It is not as hard to shoot a limit of woodies as you may think. The problem with wood ducks is that when they find an area they decide they like they are easy to target. If someone finds a colony of woodies they could do some real damage, and that is what I have experienced. I don't let too many people know where to find woodies, but last season a few people found out, and I felt the color drain out of my face when they told me that they had found an area holding wood ducks and two guys had limited up three days in a row. I told them to take it easy on them and the response I got was, "We can shoot as many as we want. We're not breaking the law." I don't know how many more times they went back and did the same. I can promise you that if you hit the right spot on the right day it is not difficult to limit up on woodies. Their habitat is so limited that it is not hard to clear out an entire colony if you over shoot them. Now I will get off my soap box.


----------



## stuckduck (Jan 31, 2008)

captain said:


> I don't let too many people know where to find woodies, but last season a few people found out, and I felt the color drain out of my face when they told me that they had found an area holding wood ducks and two guys had limited up three days in a row. I told them to take it easy on them and the response I got was, "We can shoot as many as we want. We're not breaking the law." I don't know how many more times they went back and did the same. I can promise you that if you hit the right spot on the right day it is not difficult to limit up on woodies. .


It bugs me to death, most all people can think about is weather or not they can or can not.. Not weather they should.... I am impressed you held your cool after as much work as you have put in on them. Captain put me on a few two seasons ago.. Beautiful birds to hold in the hand. Haven't shot one since don't really want to. I hate to see more limits or control by the government but unforchantly this keeps people in bounds for good reason.


----------



## NothinButGreen (Dec 4, 2010)

> Captain put me on a few two seasons ago.. Beautiful birds to hold in the hand. Haven't shot one since don't really want to.
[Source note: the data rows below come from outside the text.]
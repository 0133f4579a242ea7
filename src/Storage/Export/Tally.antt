-- ===== src/Storage/Export/Tally.antt =====
-- What holds of a pass between two items, and after a flush: which rows it has seen, written and counted.

use tonggeret.Base.{
  ℕ, ◌+◌, ◌%◌, ◌^◌, ◌<◌, ◌≡◌, ◌≢◌, refl, sym, ap, ◌∙◌, Option, none, some, List, [], ◌∷◌, ◌++◌,
  length, length-append, arith, append-nil, Bool-cases, inl, inr,
}
use tonggeret.Text.{Str}
use tonggeret.Text.Utf8.{Bytes}
use tonggeret.Error.{Result, ok, err}
use tonggeret.Storage.Json.{Json}
use tonggeret.Storage.Values.{unwrap_or}
use tonggeret.Storage.Partition.{Partition}
use tonggeret.Storage.Keys.{decode_key}
use tonggeret.Storage.Export.{
  Row, rows_per_batch, Outcomes, Pass, row_of, write_rows, flush, add_moved, then_do,
}

pub count_up :
    (moved n before total : ℕ)
    → moved ≡ before % 2 ^ 64
    → total ≡ before + n
    → (moved + n) % 2 ^ 64 ≡ total % 2 ^ 64
count_up moved n before total h e = omega arith

pub append_cons-ne-nil {ℓ} : {A : Type ℓ} (xs : List A) (y : A) (ys : List A) → xs ++ y ∷ ys ≢ []
append_cons-ne-nil [] y ys h = cc
append_cons-ne-nil (x ∷ xs) y ys h = cc

-- what holds of the pass if the step did not fail
abbrev pub Post :
    {F64 Store : Type 0} → (Pass F64 Store → Type 0) → Result (Unit {0}) × Pass F64 Store → Type 0
Post P (ok u, p) = P p
Post P (err e, p) = Unit

module _ {F64 : Type 0} (json : Json F64) (partition : Partition) (zero_f64 : F64)
    (outcomes : Outcomes) where
  open partition use {Store}

  pub Post-then_do :
      (P Q : Pass F64 Store → Type 0) (r : Result (Unit {0}) × Pass F64 Store)
      (f : Pass F64 Store → Result (Unit {0}) × Pass F64 Store)
      → Post P r
      → ((p : Pass F64 Store) → P p → Post Q (f p))
      → Post Q (then_do json partition zero_f64 outcomes r f)
  Post-then_do P Q (ok u, p) f h k = k p h
  Post-then_do P Q (err e, p) f h k = tt

  -- the row of an item, if its key decodes
  unfoldable pub row_decoded : Option (ℕ × Str) → Bytes → List (Row F64)
  row_decoded none payload = []
  row_decoded (some (ts, name)) payload =
      row_of json partition zero_f64 outcomes ts name payload ∷ []

  -- the rows of the items that decode
  unfoldable pub rows_of : List (Option (Bytes × Bytes)) → List (Row F64)
  unfolding row_decoded
  rows_of [] = []
  rows_of (none ∷ items) = rows_of items
  rows_of (some (key, payload) ∷ items) = row_decoded (decode_key key) payload ++ rows_of items

  -- The rows in the file and the rows that wait are the rows seen; fewer wait than fill a batch; and
  -- the rows in the file are counted.
  pub record Tally (seen : List (Row F64)) (p : Pass F64 Store) : Type 0 where
    pub split : unwrap_or [] p.export ++ p.rows ≡ seen
    pub few : length p.rows < rows_per_batch
    pub count : p.moved ≡ length (unwrap_or [] p.export) % 2 ^ 64
    pub opened : p.export ≡ none → p.rows ≡ []
    pub idle : seen ≡ [] → p.export ≡ none

  -- after a flush
  pub record Flushed (seen : List (Row F64)) (p : Pass F64 Store) : Type 0 where
    pub none_wait : p.rows ≡ []
    pub all_written : unwrap_or [] p.export ≡ seen
    pub counted : p.moved ≡ length seen % 2 ^ 64
    pub has_file : seen ≢ [] → p.export ≡ some seen
    pub no_file : seen ≡ [] → p.export ≡ none

  -- `flush`, on the parts of a pass
  pub flush-Flushed :
      (export : Option (List (Row F64))) (written : ℕ) (rows : List (Row F64))
      (removals : List Bytes) (store : Store) (moved : ℕ) (seen : List (Row F64))
      → unwrap_or [] export ++ rows ≡ seen
      → moved ≡ length (unwrap_or [] export) % 2 ^ 64
      → (export ≡ none → rows ≡ [])
      → (seen ≡ [] → export ≡ none)
      → Post (Flushed seen) (
          add_moved json partition zero_f64 outcomes (
            flush json partition zero_f64 outcomes (record {
              export = export;
              written = written;
              rows = rows;
              removals = removals;
              store = store;
              moved = moved;
            })))
  unfolding flush add_moved write_rows
  flush-Flushed none written [] removals store moved seen split count opened idle = record {
    none_wait = refl;
    all_written = split;
    counted = count_up moved 0 0 (length seen) count (sym (ap length split));
    has_file = λ h. absurd (h (sym split));
    no_file = idle;
  }
  flush-Flushed (some file) written [] removals store moved seen split count opened idle = record {
    none_wait = refl;
    all_written = sym (append-nil file) ∙ split;
    counted =
        count_up moved 0 (length file) (length seen) count
          (omega (arith, ap length (sym (append-nil file) ∙ split)));
    has_file = λ h. ap some (sym (append-nil file) ∙ split);
    no_file = idle;
  }
  flush-Flushed none written (r ∷ rs) removals store moved seen split count opened idle = tt
  flush-Flushed (some file) written (r ∷ rs) removals store moved seen split count opened idle =
      elim (Bool-cases (outcomes.writes written)) [
        | inl good ↦ rw good (record {
          none_wait = refl;
          all_written = split;
          counted =
              count_up moved (length (r ∷ rs)) (length file) (length seen) count
                (sym (ap length split) ∙ length-append file (r ∷ rs));
          has_file = λ h. ap some split;
          no_file = λ h. absurd (append_cons-ne-nil file r rs (split ∙ h));
        })
        | inr bad ↦ rw bad tt
      ]

  pub Flushed-Tally : (seen : List (Row F64)) (p : Pass F64 Store) → Flushed seen p → Tally seen p
  Flushed-Tally seen p f = record {
    split = rw (f.none_wait, append-nil) f.all_written;
    few = rw f.none_wait (omega arith);
    count = f.counted ∙ ap (λ l. length l % 2 ^ 64) (sym f.all_written);
    opened = λ h. f.none_wait;
    idle = f.no_file;
  }

  pub Post-map :
      (P Q : Pass F64 Store → Type 0) (r : Result (Unit {0}) × Pass F64 Store)
      → ((p : Pass F64 Store) → P p → Q p)
      → Post P r
      → Post Q r
  Post-map P Q (ok u, p) f h = f p h
  Post-map P Q (err e, p) f h = tt
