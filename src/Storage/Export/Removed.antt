-- ===== src/Storage/Export/Removed.antt =====
-- Which keys a pass exports, and what removals leave of a store.
use tonggeret.Base.{
  ◌≡◌, ◌≢◌, ◌⊎◌, refl, Bool, true, false, ◌||◌, Option, none, some, List, [], ◌∷◌, ◌++◌,
  if◌then◌else◌, arith, Bool-cases, inl, inr,
}
use tonggeret.Text.{str_eq}
use tonggeret.Text.Laws.{str_eq_refl}
use tonggeret.Text.Utf8.{Bytes}
use tonggeret.Error.{Result, ok, err}
use tonggeret.Storage.Json.{Json}
use tonggeret.Storage.Partition.{Partition}
use tonggeret.Storage.Writer.{kept}
use tonggeret.Storage.Keys.{decode_key}
use tonggeret.Storage.Export.{Outcomes, Pass, remove_all}
use tonggeret.Storage.Export.Tally.{Post}

-- whether a key is in a list of keys
abbrev pub has_key : Bytes → List Bytes → Bool
has_key k [] = false
has_key k (j ∷ ks) = str_eq j k || has_key k ks

pub has_key-append :
    (k : Bytes) (ks : List Bytes) (j : Bytes)
    → has_key k ks ≡ true
    → has_key k (ks ++ j ∷ []) ≡ true
has_key-append k [] j h = cc
has_key-append k (i ∷ ks) j h = ground (arith, has_key-append k ks j)

pub has_key-last : (k : Bytes) (ks : List Bytes) → has_key k (ks ++ k ∷ []) ≡ true
has_key-last k [] = rw (str_eq_refl k)
has_key-last k (i ∷ ks) = ground (arith, has_key-last k ks)

pub Post-unit :
    {F64 Store : Type 0} (r : Result (Unit {0}) × Pass F64 Store) → Post (λ q. Unit {0}) r
Post-unit (ok u, p) = tt
Post-unit (err e, p) = tt

-- whether a key is read, and decodes, among the items
abbrev pub Exports : Bytes → List (Option (Bytes × Bytes)) → Type 0
Exports k [] = ⊥
Exports k (none ∷ items) = Exports k items
Exports k (some (key, payload) ∷ items) = ((k ≡ key) × (decode_key key ≢ none)) ⊎ Exports k items

module _ {F64 : Type 0} (json : Json F64) (partition : Partition) (zero_f64 : F64)
    (outcomes : Outcomes)
    (removes : (k : Bytes) (s : partition.Store) → partition.remove k s ≢ none) where
  open partition use {Store, get, remove, get-remove}

  pub after_remove :
      (k j : Bytes) (s : Store) (r : Option Store)
      → remove j s ≡ r
      → get k (kept json partition s r) ≡ (if str_eq j k then none else get k s)
  after_remove k j s none e = absurd (removes j s e)
  after_remove k j s (some s') e = get-remove j s s' e k

  pub gone_stays :
      (k : Bytes) (ks : List Bytes) (s : Store)
      → get k s ≡ none
      → get k (remove_all json partition zero_f64 outcomes ks s) ≡ none
  unfolding remove_all
  gone_stays k [] s h = h
  gone_stays k (j ∷ ks) s h =
      gone_stays k ks _ (ground (arith, after_remove k j s (remove j s) refl))

  pub gone_all :
      (k : Bytes) (ks : List Bytes) (s : Store)
      → has_key k ks ≡ true
      → get k (remove_all json partition zero_f64 outcomes ks s) ≡ none
  unfolding remove_all
  gone_all k [] s h = cc
  gone_all k (j ∷ ks) s h = elim (Bool-cases (str_eq j k)) [
    | inl this ↦ gone_stays k ks _ (ground (arith, after_remove k j s (remove j s) refl))
    | inr other ↦ gone_all k ks _ (ground arith)
  ]
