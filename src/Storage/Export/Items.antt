-- ===== src/Storage/Export/Items.antt =====
-- The items of a range, and the rows that a pass makes of them.
use mathlib.Core.Path.{subst}
use tonggeret.Base.{
  ℕ, ◌≡◌, ◌≢◌, ◌⊎◌, refl, sym, ◌∙◌, ap, true, Bool-cases, Option, none, some, List, [], ◌∷◌, ◌++◌,
  All, All-append, inl, inr, none≢some, arith, ◌&&◌,
}
use tonggeret.Text.{Str, str_eq}
use tonggeret.Text.Laws.{str_eq→eq}
use tonggeret.Text.Utf8.{Bytes}
use tonggeret.Storage.Json.{Json}
use tonggeret.Storage.Partition.{Partition, has_item}
use tonggeret.Storage.Keys.{decode_key, lex_ltb}
use tonggeret.Storage.Export.{Row, Outcomes, row_of}
use tonggeret.Storage.Export.Tally.{rows_of, row_decoded}
use tonggeret.Storage.Export.Removed.{Exports}

-- whether a row is among those
abbrev pub HasRow : {F64 : Type 0} → Row F64 → List (Row F64) → Type 0
HasRow r [] = ⊥
HasRow r (x ∷ xs) = (r ≡ x) ⊎ HasRow r xs

pub has_item-Exports :
    (k v : Bytes) (items : List (Option (Bytes × Bytes)))
    → decode_key k ≢ none
    → has_item k v items ≡ true
    → Exports k items
has_item-Exports k v [] d h = cc
has_item-Exports k v (none ∷ items) d h = has_item-Exports k v items d h
has_item-Exports k v (some (j, u) ∷ items) d h = elim (Bool-cases (str_eq k j)) [
  | inl same ↦ let e = str_eq→eq k j same in inl (e, subst (λ x. decode_key x ≢ none) e d)
  | inr other ↦ inr (has_item-Exports k v items d (ground arith))
]

module _ {F64 : Type 0} (json : Json F64) (partition : Partition) (zero_f64 : F64)
    (outcomes : Outcomes) where
  open partition use {Store, get, range, remove, get-remove, range-get, get-range}

  HasRow-append_left : (r : Row F64) (xs ys : List (Row F64)) → HasRow r xs → HasRow r (xs ++ ys)
  HasRow-append_left r [] ys h = absurd h
  HasRow-append_left r (x ∷ xs) ys (inl e) = inl e
  HasRow-append_left r (x ∷ xs) ys (inr h) = inr (HasRow-append_left r xs ys h)

  HasRow-append_right : (r : Row F64) (xs ys : List (Row F64)) → HasRow r ys → HasRow r (xs ++ ys)
  HasRow-append_right r [] ys h = h
  HasRow-append_right r (x ∷ xs) ys h = inr (HasRow-append_right r xs ys h)

  HasRow-decoded :
      (d : Option (ℕ × Str)) (ts : ℕ) (name : Str) (v : Bytes)
      → d ≡ some (ts, name)
      → HasRow
          (row_of json partition zero_f64 outcomes ts name v)
          (row_decoded json partition zero_f64 outcomes d v)
  unfolding row_decoded
  HasRow-decoded none ts name v e = absurd (none≢some e)
  HasRow-decoded (some (t, n)) ts name v e = inl cc

  -- an item that is read has its row
  pub HasRow-rows_of :
      (k v : Bytes) (ts : ℕ) (name : Str) (items : List (Option (Bytes × Bytes)))
      → decode_key k ≡ some (ts, name)
      → has_item k v items ≡ true
      → HasRow
          (row_of json partition zero_f64 outcomes ts name v)
          (rows_of json partition zero_f64 outcomes items)
  unfolding rows_of
  HasRow-rows_of k v ts name [] d h = cc
  HasRow-rows_of k v ts name (none ∷ items) d h = HasRow-rows_of k v ts name items d h
  HasRow-rows_of k v ts name (some (j, u) ∷ items) d h =
      elim (Bool-cases (str_eq k j && str_eq v u)) [
        | inl same ↦
            let e = str_eq→eq k j (ground arith) in
            let f = str_eq→eq v u (ground arith) in
            HasRow-append_left _ (row_decoded json partition zero_f64 outcomes (decode_key j) u) _ (
              subst
                (λ x.
                  HasRow (row_of json partition zero_f64 outcomes ts name x)
                    (row_decoded json partition zero_f64 outcomes (decode_key j) u))
                (sym f) (HasRow-decoded (decode_key j) ts name u (ap decode_key (sym e) ∙ d)))
        | inr other ↦
            HasRow-append_right _ (row_decoded json partition zero_f64 outcomes (decode_key j) u) _
              (HasRow-rows_of k v ts name items d (ground arith))
      ]

  -- the row is that of an entry of the store whose key sorts below the bound
  pub record IsOf (bound : Bytes) (s : Store) (r : Row F64) : Type 0 where
    pub key : Bytes
    pub payload : Bytes
    pub ts : ℕ
    pub name : Str
    pub held : get key s ≡ some payload
    pub below : lex_ltb key bound ≡ true
    pub decodes : decode_key key ≡ some (ts, name)
    pub row : r ≡ row_of json partition zero_f64 outcomes ts name payload

  row_decoded-IsOf :
      (bound : Bytes) (s : Store) (k v : Bytes) (d : Option (ℕ × Str))
      → decode_key k ≡ d
      → (get k s ≡ some v) × (lex_ltb k bound ≡ true)
      → All (IsOf bound s) (row_decoded json partition zero_f64 outcomes d v)
  unfolding row_decoded
  row_decoded-IsOf bound s k v none e h = tt
  row_decoded-IsOf bound s k v (some (ts, name)) e h = (
    record {
      key = k;
      payload = v;
      ts = ts;
      name = name;
      held = h.0;
      below = h.1;
      decodes = e;
      row = refl;
    },
    tt,
  )

  pub rows_of-IsOf :
      (bound : Bytes) (s : Store) (items : List (Option (Bytes × Bytes)))
      → All
          (λ item.
            (k v : Bytes) → item ≡ some (k, v) → (get k s ≡ some v) × (lex_ltb k bound ≡ true))
          items
      → All (IsOf bound s) (rows_of json partition zero_f64 outcomes items)
  unfolding rows_of
  rows_of-IsOf bound s [] h = tt
  rows_of-IsOf bound s (none ∷ items) (_, h) = rows_of-IsOf bound s items h
  rows_of-IsOf bound s (some (k, v) ∷ items) (x, h) =
      All-append (IsOf bound s) _ _ (row_decoded-IsOf bound s k v (decode_key k) refl (x k v refl))
        (rows_of-IsOf bound s items h)
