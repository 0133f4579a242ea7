-- ===== src/Storage/Export/Rows.antt =====
-- What a pass that succeeds writes: the rows of the items that decode, all of them, in order.
use mathlib.Core.List.{concat-ne-nil}
use tonggeret.Base.{
  ℕ, ◌%◌, ◌^◌, ◌≡◌, ◌≢◌, refl, sym, ap, ◌∙◌, Option, none, some, List, [], ◌∷◌, ◌++◌, leb, length,
  arith, append_assoc, append-nil, Bool-cases, none≢some, leb→lt, inl, inr,
}
use tonggeret.Text.{Str}
use tonggeret.Text.Utf8.{Bytes}
use tonggeret.Storage.Json.{Json}
use tonggeret.Storage.Values.{unwrap_or}
use tonggeret.Storage.Partition.{Partition}
use tonggeret.Storage.Keys.{decode_key}
use tonggeret.Storage.Export.{
  Row, rows_per_batch, Outcomes, Pass, row_of, flush, add_moved, open_with, open_export, push,
  then_do, export_decoded, export_item, export_loop, fresh,
}
use tonggeret.Storage.Export.Tally.{
  Post, Post-then_do, row_decoded, rows_of, Tally, Flushed, flush-Flushed, Flushed-Tally, Post-map,
}

module _ {F64 : Type 0} (json : Json F64) (partition : Partition) (zero_f64 : F64)
    (outcomes : Outcomes) where
  open partition use {Store}

  -- a tally with a writer open, also before the first row
  pub record IsOpen (seen : List (Row F64)) (p : Pass F64 Store) : Type 0 where
    pub split : unwrap_or [] p.export ++ p.rows ≡ seen
    pub count : p.moved ≡ length (unwrap_or [] p.export) % 2 ^ 64
    pub file : p.export ≢ none

  open_with-IsOpen :
      (x : Option (List (Row F64))) (seen : List (Row F64)) (p : Pass F64 Store)
      → p.export ≡ x
      → Tally json partition zero_f64 outcomes seen p
      → Post (IsOpen seen) (open_with json partition zero_f64 outcomes x p)
  unfolding open_with
  open_with-IsOpen (some file) seen p e t = record {
    split = t.split;
    count = t.count;
    file = λ h. none≢some (sym h ∙ e);
  }
  open_with-IsOpen none seen p e t = elim (Bool-cases outcomes.opens) [
    | inl good ↦
        rw good (record {
          split = rw e at t.split;
          count = rw e at t.count;
          file = λ h. none≢some (sym h);
        })
    | inr bad ↦ rw bad tt
  ]

  pub open_export-IsOpen :
      (seen : List (Row F64)) (p : Pass F64 Store)
      → Tally json partition zero_f64 outcomes seen p
      → Post (IsOpen seen) (open_export json partition zero_f64 outcomes p)
  unfolding open_export
  open_export-IsOpen seen p t = open_with-IsOpen p.export seen p refl t

  pub push-Tally :
      (seen : List (Row F64)) (row : Row F64) (key : Bytes) (p : Pass F64 Store)
      → IsOpen seen p
      → Post
          (Tally json partition zero_f64 outcomes (seen ++ row ∷ []))
          (push json partition zero_f64 outcomes row key p)
  unfolding push
  push-Tally seen row key p o =
      let rows = p.rows ++ row ∷ [] in
      let split : unwrap_or [] p.export ++ rows ≡ seen ++ row ∷ [] =
        sym (append_assoc _ p.rows (row ∷ [])) ∙ ap (λ l. l ++ row ∷ []) o.split in
      elim (Bool-cases (leb rows_per_batch (length rows))) [
        | inl full ↦ rw full (
            Post-map json partition zero_f64 outcomes
              (Flushed json partition zero_f64 outcomes (seen ++ row ∷ []))
              (Tally json partition zero_f64 outcomes (seen ++ row ∷ [])) _
              (λ q. Flushed-Tally json partition zero_f64 outcomes (seen ++ row ∷ []) q)
              (flush-Flushed json partition zero_f64 outcomes p.export p.written rows
                (p.removals ++ key ∷ []) p.store p.moved _ split o.count (λ h. absurd (o.file h))
                (λ h. absurd (concat-ne-nil row seen h))))
        | inr room ↦ rw room (record {
          split = split;
          few = leb→lt rows_per_batch (length rows) room;
          count = o.count;
          opened = λ h. absurd (o.file h);
          idle = λ h. absurd (concat-ne-nil row seen h);
        })
      ]

  pub export_decoded-Tally :
      (d : Option (ℕ × Str)) (seen : List (Row F64)) (key payload : Bytes) (p : Pass F64 Store)
      → Tally json partition zero_f64 outcomes seen p
      → Post
          (Tally json partition zero_f64 outcomes
            (seen ++ row_decoded json partition zero_f64 outcomes d payload))
          (export_decoded json partition zero_f64 outcomes d key payload p)
  unfolding export_decoded row_decoded
  export_decoded-Tally none seen key payload p t =
      rw append-nil
        (record { split = t.split; few = t.few; count = t.count; opened = t.opened; idle = t.idle })
  export_decoded-Tally (some (ts, name)) seen key payload p t =
      Post-then_do json partition zero_f64 outcomes (IsOpen seen) _
        (open_export json partition zero_f64 outcomes p) _ (open_export-IsOpen seen p t)
        (λ q o. push-Tally seen (row_of json partition zero_f64 outcomes ts name payload) key q o)

  pub export_item-Tally :
      (seen : List (Row F64)) (key payload : Bytes) (p : Pass F64 Store)
      → Tally json partition zero_f64 outcomes seen p
      → Post
          (Tally json partition zero_f64 outcomes
            (seen ++ row_decoded json partition zero_f64 outcomes (decode_key key) payload))
          (export_item json partition zero_f64 outcomes key payload p)
  unfolding export_item
  export_item-Tally seen key payload p t =
      export_decoded-Tally (decode_key key) seen key payload p t

  pub export_loop-Tally :
      (items : List (Option (Bytes × Bytes))) (seen : List (Row F64)) (p : Pass F64 Store)
      → Tally json partition zero_f64 outcomes seen p
      → Post
          (Tally json partition zero_f64 outcomes
            (seen ++ rows_of json partition zero_f64 outcomes items))
          (export_loop json partition zero_f64 outcomes items p)
  unfolding export_loop rows_of
  export_loop-Tally [] seen p t = rw append-nil t
  export_loop-Tally (none ∷ items) seen p t = tt
  export_loop-Tally (some (key, payload) ∷ items) seen p t = rw (← append_assoc) (
      Post-then_do json partition zero_f64 outcomes
        (Tally json partition zero_f64 outcomes
          (seen ++ row_decoded json partition zero_f64 outcomes (decode_key key) payload))
        _ (export_item json partition zero_f64 outcomes key payload p) _
        (export_item-Tally seen key payload p t) (λ q u. export_loop-Tally items _ q u))

  -- Before the first item nothing has been seen.
  pub Tally-fresh :
      (s : Store)
      → Tally json partition zero_f64 outcomes [] (fresh json partition zero_f64 outcomes s)
  Tally-fresh s = record {
    split = refl;
    few = omega arith;
    count = refl;
    opened = λ h. refl;
    idle = λ h. refl;
  }

  -- The loop and the last flush, from the start of a pass.
  pub pass-Flushed :
      (items : List (Option (Bytes × Bytes))) (s : Store)
      → Post
          (Flushed json partition zero_f64 outcomes
            (rows_of json partition zero_f64 outcomes items))
          (then_do json partition zero_f64 outcomes
            (export_loop json partition zero_f64 outcomes items
              (fresh json partition zero_f64 outcomes s))
            (λ p.
              add_moved json partition zero_f64 outcomes
                (flush json partition zero_f64 outcomes p)))
  pass-Flushed items s =
      Post-then_do json partition zero_f64 outcomes
        (Tally json partition zero_f64 outcomes (rows_of json partition zero_f64 outcomes items)) _
        _ _ (export_loop-Tally items [] _ (Tally-fresh s))
        (λ p t.
          flush-Flushed json partition zero_f64 outcomes p.export p.written p.rows p.removals
            p.store p.moved _ t.split t.count t.opened t.idle)
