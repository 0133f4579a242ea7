-- ===== src/Storage/Export/Publish.antt =====
-- What a pass that returns without an error has published.
use tonggeret.Base.{
  ℕ, ◌%◌, ◌^◌, ◌≡◌, refl, some, List, [], ◌∷◌, length, Bool-cases, if_intro, inl, inr,
}
use tonggeret.Error.{Result, ok, err}
use tonggeret.Storage.Json.{Json}
use tonggeret.Storage.Partition.{Partition}
use tonggeret.Storage.Keys.{cutoff_prefix}
use tonggeret.Storage.Export.{
  Row, Outcomes, Pass, Files, publish, put_file, final_name, finalize_export, cutoff_micros,
  run_compaction_once,
}
use tonggeret.Storage.Export.Rows.{pass-Flushed}
use tonggeret.Storage.Export.Tally.{Post, rows_of, Flushed}

module _ {F64 : Type 0} (json : Json F64) (partition : Partition) (zero_f64 : F64)
    (outcomes : Outcomes) where
  open partition use {Store, range}

  -- the cold directory after a pass that publishes `rows`
  abbrev pub published : List (Row F64) → Files F64 → Files F64
  published [] files = files
  published (r ∷ rs) files = put_file (final_name outcomes.final_stamp) (r ∷ rs) files

  -- what `rows` stands for in the result of a pass
  abbrev pub Published : List (Row F64) → Files F64 → Result ℕ × Store × Files F64 → Type 0
  Published rows files (ok n, s, files') =
      (n ≡ length rows % 2 ^ 64) × (files' ≡ published rows files)
  Published rows files (err e, s, files') = files' ≡ files

  publish-Published :
      (rows : List (Row F64)) (r : Result (Unit {0}) × Pass F64 Store) (files : Files F64)
      → Post (Flushed json partition zero_f64 outcomes rows) r
      → Published rows files (publish json partition zero_f64 outcomes r files)
  unfolding publish finalize_export
  publish-Published rows (err e, p) files f = refl
  publish-Published [] (ok u, p) files f = rw (f.no_file refl) (f.counted, refl)
  publish-Published (r ∷ rs) (ok u, p) files f =
      rw (f.has_file (λ h. cc)) (elim (Bool-cases outcomes.closes) [
        | inl closed ↦ elim (Bool-cases outcomes.renames) [
          | inl renamed ↦ rw (closed, renamed) (f.counted, refl)
          | inr kept_name ↦ rw (closed, kept_name) refl
        ]
        | inr broken ↦ rw broken refl
      ])

  -- A pass that returns a number has published the rows of exactly the items of its range whose keys
  -- decode, in the order of the range, in one file under the final name, or no file if there is no
  -- such item; and the number is that of the rows, as a `u64`. A pass that fails leaves the cold
  -- files as they were.
  pub run_compaction_once-Published :
      (now_micros retention : ℕ) (s : Store) (files : Files F64)
      → Published
          (rows_of json partition zero_f64 outcomes
            (range (cutoff_prefix (cutoff_micros now_micros retention)) s))
          files
          (run_compaction_once json partition zero_f64 outcomes now_micros (some retention) s files)
  unfolding run_compaction_once
  run_compaction_once-Published now_micros retention s files =
      let items = range (cutoff_prefix (cutoff_micros now_micros retention)) s in
      if_intro (Published (rows_of json partition zero_f64 outcomes items) files) outcomes.makes_dir
        (publish-Published (rows_of json partition zero_f64 outcomes items) _ files
          (pass-Flushed json partition zero_f64 outcomes items s))
        refl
They even more beautiful when your holding them alive in your bare hands. I love the wow program


----------



## Mallardhead12 (Oct 17, 2011)

I just want one drake, then I'm good for life, that is a great idea though, and I agree onehundred percent.


----------



## goosefever (Feb 3, 2008)

Only shot six ducks last season, three of which were woodies. Could have easily limited out on Woodies. Probably saw close to 100 that day. Seems like a big number for an "artificial" population in one spot. I'm all for a limit if it will help the poplation.


----------



## JuniorPre 360 (Feb 22, 2012)

as far as an artificial population, it is very hard for me to believe. i'm not sure how long thw wow program has been around but we started seeing woodies year round since 13 years ago. they are found in areas that you wouldn't think. this year, i saw maybe 100 and shot 1 drake and 2 hens. the drake was the last woodie i killed then i never went back to that spot. i'm not sure what i think about a limit on woodies because in some places i hunt, that's all i see all morning. but i would have to agree at some point. there was this guy that dropped one. he told his friends that told their friends. now we see about 3 to 4 trucks almost each day driving the roads and jump shooting them. this happened in one season. they were killing them just to say they had killed wood ducks. i just wanted one drake to put on the wall. it's really stupid because it ruins the sport. i would be more than happy to take an actual hunter out to get a trophy drake. but i always fear that i'll see them there the next week with all of his buddies. but i am happy to see people getting up in corinne and at fb to take off all the attention around my parts.


----------



## TEX-O-BOB (Sep 12, 2007)

There needs to be a limit on them pure and simple. If for nothing else, to protect what little birds we do have (comparatively speaking to other parts of the country) from the "rape and take" crowd. _*"I can shoot as many as I want, I'm not breaking the law"*_ I think was the quoted mindset of some individual. Well, this guy might not be breaking the law, but his Game hog, kill-em-all attitude is what destroys the resource for all of us and gives hunting a black eye. The same guy that brags about killing a limit of wood ducks every time he hunts keeps every single big brown he catches out of the Weber, goes out and shoots a limit of doves in the morning and then another limit at night, has fifty fish in his freezer he'll never eat, etc etc...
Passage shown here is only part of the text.